Foam is good at stopping convection through the insulation material, but it is not unique in this way. Many other insulation materials are also good at this, particularly when paired with an effective air barrier.

March 10, 2011 - 6:17 pm

Mr White,
You are right of course. There are other mechanisms for stopping infiltration, in addition to SPF. They have been used for decades with varying degrees of success. The reason I prefer SPF is the application does not rely on consistently applied tape or liquid coatings to insure uncontrolled infiltration does not occur. Both tape and liquid applied coatings have limitations which tend to show up entirely too often. For instance, the tape adhesive relies on an application to a clean surface; something one finds rarely on a construction site. Liquid applied coatings rely less on clean surfaces, but do require a minimum coating thickness consistently applied. This is difficult to achieve, particularly at the intersection of the wall sheathing and the windows or roof. Tight drywall application last for maybe the first month; imperceptible cracking occurs due to the building shifting and settling as the soil pad adjusts to the weight of the structure.
SPF is not a cure-all by any means, but it does resolve many of the problems we find with most of the typical methods of stopping infiltration.

March 10, 2011 - 4:15 pm

Dear Mr. Thornton,

Superior air tightness may be achieved using SPF, or a variety of other approaches that are independent of the insulation (taped sheathing, air tight drywall, etc). Most importantly, these techniques need not impose significant GWP. To me the issue is not black and white, but the stance I took on this is that, given good design, superior air tightness can be achieved regardless of insulation material, without significant rise in embodied GWP; therefore it drops out as a basis of comparison. Note that infiltration was also neglected by Harvey in his paper, and by EBN/BSC in their study (see "EBN response to Point #5" above).

March 10, 2011 - 1:24 pm

It is assumed Mr. White believes the thermal properties of any type of insulation is the only valid criteria when evaluating actual received R value versus GWP. It is one factor. With SPF products, air leakage and its associated effects in wall assemblies as it pertains to both thermal transfer and infiltration are no longer in the equation. With other types of insulation products, air leakage is problematic even with the best installers and is a factor in realizing the actual thermal resistance anticipated. The effect of air infiltration on a building's heat loss or load cannot be understated. One should take that factor in consideration when evaluating SPF products versus your more typical insulation products used in shelter construction. And to the question in your mind, no, I am not an employee or otherwise associated with SPF manufacture or application. Just an engineer that has seen it used in commmercial construction and have seen the effects of its air barrier properties first hand.

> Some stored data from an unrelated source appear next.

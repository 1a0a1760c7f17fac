-- ===== src/Txn/VersionStore/Visibility.antt =====
-- What a reader sees of a row after each operation of crates/txn/src/version_store.rs.
use simple_rdbms.Common.{ℕ, ◌≤◌, ◌<◌, ◌≡◌, ◌≢◌, refl, Bool, true, false, not, ◌&&◌, ◌||◌}
use simple_rdbms.Common.{Option, none, some, List, [], ◌∷◌, arith}
use simple_rdbms.Common.{◌==◌, ==_iff, if◌then◌else◌, inl, inr, Bool-cases, Option-cases}
use simple_rdbms.Common.Map.{Map, nat_eq, get, insert, contains, get-insert}
use simple_rdbms.Ids.{TxnId, Rid, rid_eq, rid_beq, rid_beq_sound}
use simple_rdbms.Txn.LockState.{or_empty}
use simple_rdbms.Txn.VersionChain.{VersionChain, push}
use simple_rdbms.Txn.VersionChain.{visible_version_for, mark_committed}
use simple_rdbms.Txn.VersionStore.{StoreState, record_insert, commit_each, commit_versions}
use simple_rdbms.Txn.VersionStore.{is_some, is_visible_to, new_entry}

-- Whether a chain shows a version to the reader.
abbrev pub sees : TxnId → ℕ → VersionChain → Bool
sees reader ts chain = is_some (visible_version_for chain reader ts)

-- No version of the transaction in the chain has begun.
abbrev pub is_pending : TxnId → VersionChain → Bool
is_pending t [] = true
is_pending t (e ∷ es) = (not (e.creator_txn_id == t) || not (is_some e.begin_ts)) && is_pending t es

-- The chain has a version of the transaction without an end.
abbrev pub has_version : TxnId → VersionChain → Bool
has_version t [] = false
has_version t (e ∷ es) = e.creator_txn_id == t && not (is_some e.end_ts) || has_version t es

-- A row without a chain is visible.
abbrev pub sees_row : TxnId → ℕ → Option VersionChain → Bool
sees_row reader ts none = true
sees_row reader ts (some chain) = sees reader ts chain

pub is_visible_to_lem :
    (s : StoreState) (q : Rid) (reader : TxnId) (ts : ℕ)
    → is_visible_to s q reader ts ≡ sees_row reader ts (get q s.chains)
unfolding is_visible_to
is_visible_to_lem s q reader ts = elim (Option-cases (get q s.chains)) [
  | inl n ↦ ground (arith, n)
  | inr (c, g) ↦ ground (arith, g)
]

-- After a transaction has written a row, it sees the row itself, another reader sees it if it saw
-- a version of it before, and what anybody sees of the other rows is as before.
pub is_visible_to-record_insert :
    (s : StoreState) (t : TxnId) (r q : Rid) (reader : TxnId) (ts : ℕ)
    → is_visible_to (record_insert s t r) q reader ts ≡ (
        if rid_beq r q
        then t == reader || sees reader ts (or_empty (get q s.chains))
        else is_visible_to s q reader ts)
unfolding record_insert visible_version_for is_visible_to
is_visible_to-record_insert s t r q reader ts = elim (Bool-cases (rid_beq r q)) [
  | inl e ↦ ground (
    arith,
    e,
    rid_beq_sound r q e,
    get-insert r q (push (or_empty (get r s.chains)) (new_entry t)) s.chains,
  )
  | inr e ↦
      ground (arith, e, get-insert r q (push (or_empty (get r s.chains)) (new_entry t)) s.chains)
]

sees-mark_committed_early :
    (t reader : TxnId) (commit_ts ts : ℕ) (chain : VersionChain)
    → (t == reader) ≡ false
    → ts < commit_ts
    → is_pending t chain ≡ true
    → sees reader ts (mark_committed chain t commit_ts) ≡ sees reader ts chain
unfolding mark_committed visible_version_for
sees-mark_committed_early t reader commit_ts ts [] n h p = refl
sees-mark_committed_early t reader commit_ts ts (e ∷ es) n h p =
    ground (arith, h, n, p, sees-mark_committed_early t reader commit_ts ts es n h)

sees-mark_committed_late :
    (t reader : TxnId) (commit_ts ts : ℕ) (chain : VersionChain)
    → commit_ts ≤ ts
    → has_version t chain ≡ true
    → sees reader ts (mark_committed chain t commit_ts) ≡ true
unfolding mark_committed visible_version_for
sees-mark_committed_late t reader commit_ts ts [] h p = cc
sees-mark_committed_late t reader commit_ts ts (e ∷ es) h p =
    ground (arith, h, p, sees-mark_committed_late t reader commit_ts ts es h)

mark_committed_idem :
    (t : TxnId) (ts : ℕ) (chain : VersionChain)
    → mark_committed (mark_committed chain t ts) t ts ≡ mark_committed chain t ts
unfolding mark_committed
mark_committed_idem t ts [] = refl
mark_committed_idem t ts (e ∷ es) = ground (arith, mark_committed_idem t ts es)

abbrev pub on_chain :
    Bool → (VersionChain → VersionChain) → Option VersionChain → Option VersionChain
on_chain b f none = none
on_chain b f (some c) = some (if b then f c else c)

pub get-commit_each :
    (t : TxnId) (ts : ℕ) (rids : List Rid) (q : Rid) (m : Map Rid VersionChain)
    → get q (commit_each t ts rids m)
      ≡ on_chain (contains q rids) (λ c. mark_committed c t ts) (get q m)
unfolding commit_each
get-commit_each t ts [] q m = elim (Option-cases (get q m)) [
  | inl n ↦ ground (arith, n)
  | inr (c, g) ↦ ground (arith, g)
]
get-commit_each t ts (r ∷ rids) q m = elim (Option-cases (get r m)) [
  | inl n ↦ elim (Bool-cases (rid_beq r q)) [
    | inl e ↦ ground (arith, n, e, rid_beq_sound r q e, get-commit_each t ts rids q m)
    | inr e ↦ ground (arith, n, e, get-commit_each t ts rids q m)
  ]
  | inr (c, g) ↦
      let m' = insert r (mark_committed c t ts) m in
      let found = get-insert r q (mark_committed c t ts) m in
      elim (Bool-cases (rid_beq r q)) [
        | inl e ↦ ground (
          arith,
          g,
          e,
          rid_beq_sound r q e,
          found,
          mark_committed_idem t ts c,
          get-commit_each t ts rids q m',
        )
        | inr e ↦ ground (arith, g, e, found, get-commit_each t ts rids q m')
      ]
]

-- Where no version of the transaction has begun, its commit changes nothing that another reader
-- of an earlier snapshot sees.
pub is_visible_to-commit_versions_early :
    (s : StoreState) (t reader : TxnId) (commit_ts ts : ℕ) (q : Rid)
    → t ≢ reader
    → ts < commit_ts
    → is_pending t (or_empty (get q s.chains)) ≡ true
    → is_visible_to (commit_versions s t commit_ts) q reader ts ≡ is_visible_to s q reader ts
unfolding commit_versions
is_visible_to-commit_versions_early s t reader commit_ts ts q n h p =
    elim (Option-cases (get t s.write_sets)) [
      | inl a ↦ ground (arith, a)
      | inr (rids, w) ↦
          let seen = is_visible_to_lem (commit_versions s t commit_ts) q reader ts in
          elim (Option-cases (get q s.chains)) [
            | inl a ↦ ground (
              arith,
              a,
              w,
              seen,
              is_visible_to_lem s q reader ts,
              get-commit_each t commit_ts rids q s.chains,
            )
            | inr (c, g) ↦ ground (
              arith,
              g,
              w,
              seen,
              p,
              is_visible_to_lem s q reader ts,
              get-commit_each t commit_ts rids q s.chains,
              sees-mark_committed_early t reader commit_ts ts c (ground (arith, n, ==_iff t reader))
                  h,
            )
          ]
    ]

-- A row that the transaction has written is visible to every reader of a snapshot at or after
-- the time of its commit.
pub is_visible_to-commit_versions_late :
    (s : StoreState) (t reader : TxnId) (commit_ts ts : ℕ) (q : Rid)
    → contains q (or_empty (get t s.write_sets)) ≡ true
    → has_version t (or_empty (get q s.chains)) ≡ true
    → commit_ts ≤ ts
    → is_visible_to (commit_versions s t commit_ts) q reader ts ≡ true
unfolding commit_versions
is_visible_to-commit_versions_late s t reader commit_ts ts q k p h =
    elim (Option-cases (get t s.write_sets)) [
      | inl a ↦ absurd (ground (arith, a, k))
      | inr (rids, w) ↦
          let seen = is_visible_to_lem (commit_versions s t commit_ts) q reader ts in
          elim (Option-cases (get q s.chains)) [
            | inl a ↦ absurd (ground (arith, a, p))
            | inr (c, g) ↦ ground (
              arith,
              g,
              w,
              k,
              p,
              seen,
              get-commit_each t commit_ts rids q s.chains,
              sees-mark_committed_late t reader commit_ts ts c h,
            )
          ]
    ]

Do the math.

September 7, 2010 - 1:32 pm

I believe point #3 is misleading. At low R values, any insulation has a very short payback, and for most insulations, it is still far shorter than that of XPS and SPF.

The most fundamental point is that high-GWP insulations are limited in their potential to minimize the net impact associated with heating and cooling a building. This means that for high R-value assemblies, they substantially underperform compared to lower GWP insulations.

It also means that beyond a certain R value, adding more insulation will do more harm than good from a climate change standpoint. For instance, there is no place for XPS in an assembly over R20 in a Boston climate. Over R20, the presence of XPS will increase, not lower, the net impact. By the way, it doesn't matter if you added the XPS first or last. In either case, you'd be saving the planet by removing it.

The point at which net impact "bottoms out" (or net benefit tops out) exists for all insulations; it's just that for most insulations, it requires assembly thicknesses that are impractically high, so it never really happens.